The rider is about 90%of the mass of rider + bike. So relatively and significantly speaking, the bike is nearly pure mechanical geometry and friction (including the hydraulic mass flow molecular "geometry" and frictions of damping).

Notice that a bike suspension wallows over bumps very little when a rider is standing compared to when they are seated. Imagine crunching up your body and centering all your weight on one pedal or balanced across the pedals at the BB. Even if the crunched up rider was locked or wedged into the frame centered at the BB (not even balanced freely across the two pedals pivoting around the BB), the bike would handle nearly same over bumps with very little more wallow as if standing tall on the pedals and not pulling at the bars or seat.

This is evidence that standing on the pedals lowers the effective CM.

- ray

Hi Ray

Summer is great down here. The only problem is that the wind blows a lot which makes the sea rough to paddle in.

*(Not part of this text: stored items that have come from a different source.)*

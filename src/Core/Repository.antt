-- ===== src/Core/Repository.antt =====
-- internal/core/store.go and lease.go: what the repository promises, over maps from ids to records that
-- forget how and in which order the store keeps them, and the requests that it serves.
use clausa_lens.Prelude.{
  ℕ, ◌+◌, String, Bool, true, false, not, ◌||◌, ◌&&◌, option_eq, int_eq, Option, none, some, List,
  [], ◌∷◌, ◌==◌, string_eq, lookup, is_err, is_some, Result, ok, err, or_fail, reject, ◌>>◌, ◌>>=◌,
  if◌then◌else◌,
}
use clausa_lens.Contracts.Isolation.{IsolationEvidence}
use clausa_lens.Contracts.RunEnums.{
  RunType, RunStatus, Outcome, Verdict, run_type_eq, run_status_eq, outcome_eq, verdict_eq,
}
use clausa_lens.Contracts.Event.{ExecutionEvent, validate_event}
use clausa_lens.Contracts.Capsule.{ReplayCapsule}
use clausa_lens.Contracts.CapsuleCheck.{validate_capsule}
use clausa_lens.Contracts.Run.{ReplayRun, intervention_eq}
use clausa_lens.Contracts.RunCheck.{validate_run}
use clausa_lens.Contracts.Diff.{ReplayDiff}
use clausa_lens.Contracts.DiffCheck.{validate_diff}
use clausa_lens.Core.Store.{Store, StoreError, internal, conflict, not_found, invalid_lifecycle}
use clausa_lens.Core.Events.{ingest_event, as_invalid_event}
use clausa_lens.Core.Runs.{
  put_capsule, get_capsule, put_run, get_run, transition_run, put_diff, get_diff, found_or,
}
use clausa_lens.Core.Lease.{claim_run, renew_lease}

pub data Request : Type 0 where
  ingest : ExecutionEvent → Request
  put_a_capsule : ReplayCapsule → Request
  read_capsule : String → Request
  put_a_run : ReplayRun → Request
  read_run : String → Request
  transition : RunStatus → ReplayRun → Request
  -- The clock's reading, the id and the length of the lease.
  claim renew : ℕ → String → ℕ → Request
  put_a_diff : ReplayDiff → Request
  read_diff : String → Request

pub data Reply : Type 0 where
  done : Reply
  refused : StoreError → Reply
  a_capsule : ReplayCapsule → Reply
  a_run : ReplayRun → Reply
  a_diff : ReplayDiff → Reply

-- The abstract repository.
pub record Repository : Type 0 where
  pub events : String → Option ExecutionEvent
  pub capsules : String → Option ReplayCapsule
  pub runs : String → Option ReplayRun
  pub diffs : String → Option ReplayDiff
  pub leases : String → Option ℕ

abbrev pub update : {V : Type 0} → String → V → (String → Option V) → String → Option V
update key v f = λ id. if key == id then some v else f id

-- A request that was refused has changed nothing.
abbrev pub answered : {S : Type 0} → S → Result StoreError (S × Reply) → S × Reply
answered s (ok (t, reply)) = (t, reply)
answered s (err e) = (s, refused e)

abbrev pub stored : {S : Type 0} → Result StoreError S → Result StoreError (S × Reply)
stored (ok t) = ok (t, done)
stored (err e) = err e

abbrev pub replied :
    {S A : Type 0} → (A → Reply) → S → Result StoreError A → Result StoreError (S × Reply)
replied reply s (ok a) = ok (s, reply a)
replied reply s (err e) = err e

abbrev passed : Option IsolationEvidence → Bool
passed none = false
passed (some e) = e.verdict == Verdict.pass

abbrev is_none : {A : Type 0} → Option A → Bool
is_none none = true
is_none (some a) = false

-- A value is written once under its key, after the tests of it.
abbrev pub write_once :
    {S : Type 0} → Result StoreError (Unit {0}) → Bool → S → Result StoreError (S × Reply)
write_once tests exists t = tests >> reject exists conflict >> ok (t, done)

abbrev claimable : Option ReplayRun → Result StoreError ReplayRun
claimable none = err not_found
claimable (some r) = if r.status == RunStatus.created then ok r else err invalid_lifecycle

-- The life of a run, by where each status is reached from: a run is validated, run and completed, and
-- may fail or be blocked from its validation on.
unfoldable pub follows : RunStatus → RunStatus → Bool
follows from RunStatus.created = false
follows from RunStatus.validating = from == RunStatus.created
follows from RunStatus.running = from == RunStatus.validating
follows from RunStatus.completed = from == RunStatus.running
follows from RunStatus.failed = from == RunStatus.validating || from == RunStatus.running
follows from RunStatus.blocked = from == RunStatus.validating || from == RunStatus.running
follows from (RunStatus.other s) = false

-- A stored run is of the status that a transition starts from, and what it replays, how and in which
-- trial is what the run that takes its place says.
unfoldable pub continues : RunStatus → ReplayRun → ReplayRun → Bool
continues from old r =
    old.status == from
    && (old.execution_id == r.execution_id
        && old.capsule_id == r.capsule_id
        && old.capsule_hash == r.capsule_hash)
    && (old.run_type == r.run_type
        && old.baseline_run_id == r.baseline_run_id
        && old.intervention == r.intervention)
    && old.trial_number == r.trial_number

abbrev movable : RunStatus → ReplayRun → Option ReplayRun → Result StoreError (Unit {0})
movable from r none = err not_found
movable from r (some old) = if continues from old r then ok tt else err invalid_lifecycle

-- A run that reproduced the failure of a capsule, in isolation and without an intervention.
abbrev pub reproduced : ReplayRun → ReplayRun → Bool
reproduced r b =
    (b.run_id == r.baseline_run_id
      && b.capsule_id == r.capsule_id
      && b.capsule_hash == r.capsule_hash)
    && (b.run_type == RunType.baseline
        && b.status == RunStatus.completed
        && b.outcome == Outcome.reproduced)
    && (passed b.isolation_evidence && is_none b.intervention)

abbrev pub grounded : ReplayRun → Option ReplayRun → Bool
grounded r none = false
grounded r (some b) = reproduced r b

-- A what-if run stands on a reproduced baseline, and every other run on none.
unfoldable pub permitted : ReplayRun → Option ReplayRun → Result StoreError (Unit {0})
permitted r b =
    if r.run_type == RunType.what_if
    then (if grounded r b then ok tt else err invalid_lifecycle)
    else ok tt

module _ (host_of : String → String) where
  -- A store of the repository serves a request.
  unfoldable pub serve : Bool → Request → Store → Store × Reply
  serve ctx (ingest e) s = answered s (stored (ingest_event ctx e s))
  serve ctx (put_a_capsule c) s = answered s (stored (put_capsule ctx c s))
  serve ctx (read_capsule id) s = answered s (replied a_capsule s (get_capsule ctx id s))
  serve ctx (put_a_run r) s = answered s (stored (put_run host_of ctx r s))
  serve ctx (read_run id) s = answered s (replied a_run s (get_run ctx id s))
  serve ctx (transition from r) s = answered s (stored (transition_run host_of ctx from r s))
  serve ctx (claim now id lease) s =
      answered s (claim_run ctx now id lease s >>= λ (t, r). ok (t, a_run r))
  serve ctx (renew now id lease) s = answered s (stored (renew_lease ctx now id lease s))
  serve ctx (put_a_diff d) s = answered s (stored (put_diff ctx d s))
  serve ctx (read_diff id) s = answered s (replied a_diff s (get_diff ctx id s))

  -- The promise, for a context that is not cancelled.
  unfoldable pub promise : Request → Repository → Result StoreError (Repository × Reply)
  promise (ingest e) m =
      write_once (as_invalid_event (validate_event e)) (is_some (m.events e.event_id))
        (record m { events = update e.event_id e m.events })
  promise (put_a_capsule c) m =
      write_once (or_fail (validate_capsule c) internal) (is_some (m.capsules c.capsule_id))
        (record m { capsules = update c.capsule_id c m.capsules })
  promise (read_capsule id) m = replied a_capsule m (found_or not_found (m.capsules id))
  promise (put_a_run r) m =
      or_fail (validate_run host_of r) internal
      >> reject (is_some (m.runs r.run_id)) conflict
      >> permitted r (m.runs r.baseline_run_id)
      >> ok (record m { runs = update r.run_id r m.runs }, done)
  promise (read_run id) m = replied a_run m (found_or not_found (m.runs id))
  promise (transition from r) m =
      reject (not (follows from r.status) || is_err (validate_run host_of r)) invalid_lifecycle
      >> movable from r (m.runs r.run_id)
      >> ok (record m { runs = update r.run_id r m.runs }, done)
  promise (claim now id lease) m = claimable (m.runs id) >>= λ r.
      let claimed = record r { status = RunStatus.validating } in
      ok (
        record m { runs = update id claimed m.runs; leases = update id (now + lease) m.leases },
        a_run claimed,
      )
  promise (renew now id lease) m =
      reject (not (is_some (m.runs id))) not_found
      >> ok (record m { leases = update id (now + lease) m.leases }, done)
  promise (put_a_diff d) m =
      write_once (or_fail (validate_diff d) internal) (is_some (m.diffs d.diff_id))
        (record m { diffs = update d.diff_id d m.diffs })
  promise (read_diff id) m = replied a_diff m (found_or not_found (m.diffs id))

  unfoldable pub specify : Bool → Request → Repository → Repository × Reply
  unfolding promise
  specify ctx q m = answered m (reject ctx internal >> promise q m)

  -- Requests in order, each with whether its context was cancelled, and their replies.
  unfoldable pub serve_all : List (Bool × Request) → Store → Store × List Reply
  unfolding serve
  serve_all [] s = (s, [])
  serve_all ((ctx, q) ∷ qs) s =
      let (t, reply) = serve ctx q s in let (u, replies) = serve_all qs t in (u, reply ∷ replies)

  unfoldable pub specify_all : List (Bool × Request) → Repository → Repository × List Reply
  unfolding specify
  specify_all [] m = (m, [])
  specify_all ((ctx, q) ∷ qs) m =
      let (n, reply) = specify ctx q m in
      let (o, replies) = specify_all qs n in (o, reply ∷ replies)

-- What a store says under each id.
unfoldable pub view : Store → Repository
view s = record {
  events = λ id. lookup id s.events;
  capsules = λ id. lookup id s.capsules;
  runs = λ id. lookup id s.runs;
  diffs = λ id. lookup id s.diffs;
  leases = λ id. lookup id s.lease_until;
}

The centre of mass (COM) of system is a point where all the mass in the system can be considered to be concentrated. It is a point from which the system can be suspended without tending to rotate. The mass is therefore the sum of all the masses of the components of a system. The bicycle and rider are the two components of the bicycle system used to analyse the suspension.

To find the COM, you first need to define a reference point for example the rear contact patch. The distance from the reference point to the COM of the component is then multiplied by the components mass. The components products are then summed and divided by the total mass of the system.

Eg. Bike mass = 15kg
Rider mass = 80kg
Wheelbase = 1m
I am going to assume that the COM of the bike is halfway between the axles ie 500mm from the rear axle and the seated riders COM is 350mm from the rear axle

COM in X-direction = [(15kg x 500mm)+(80kg x 350mm)] / [15kg + 80kg]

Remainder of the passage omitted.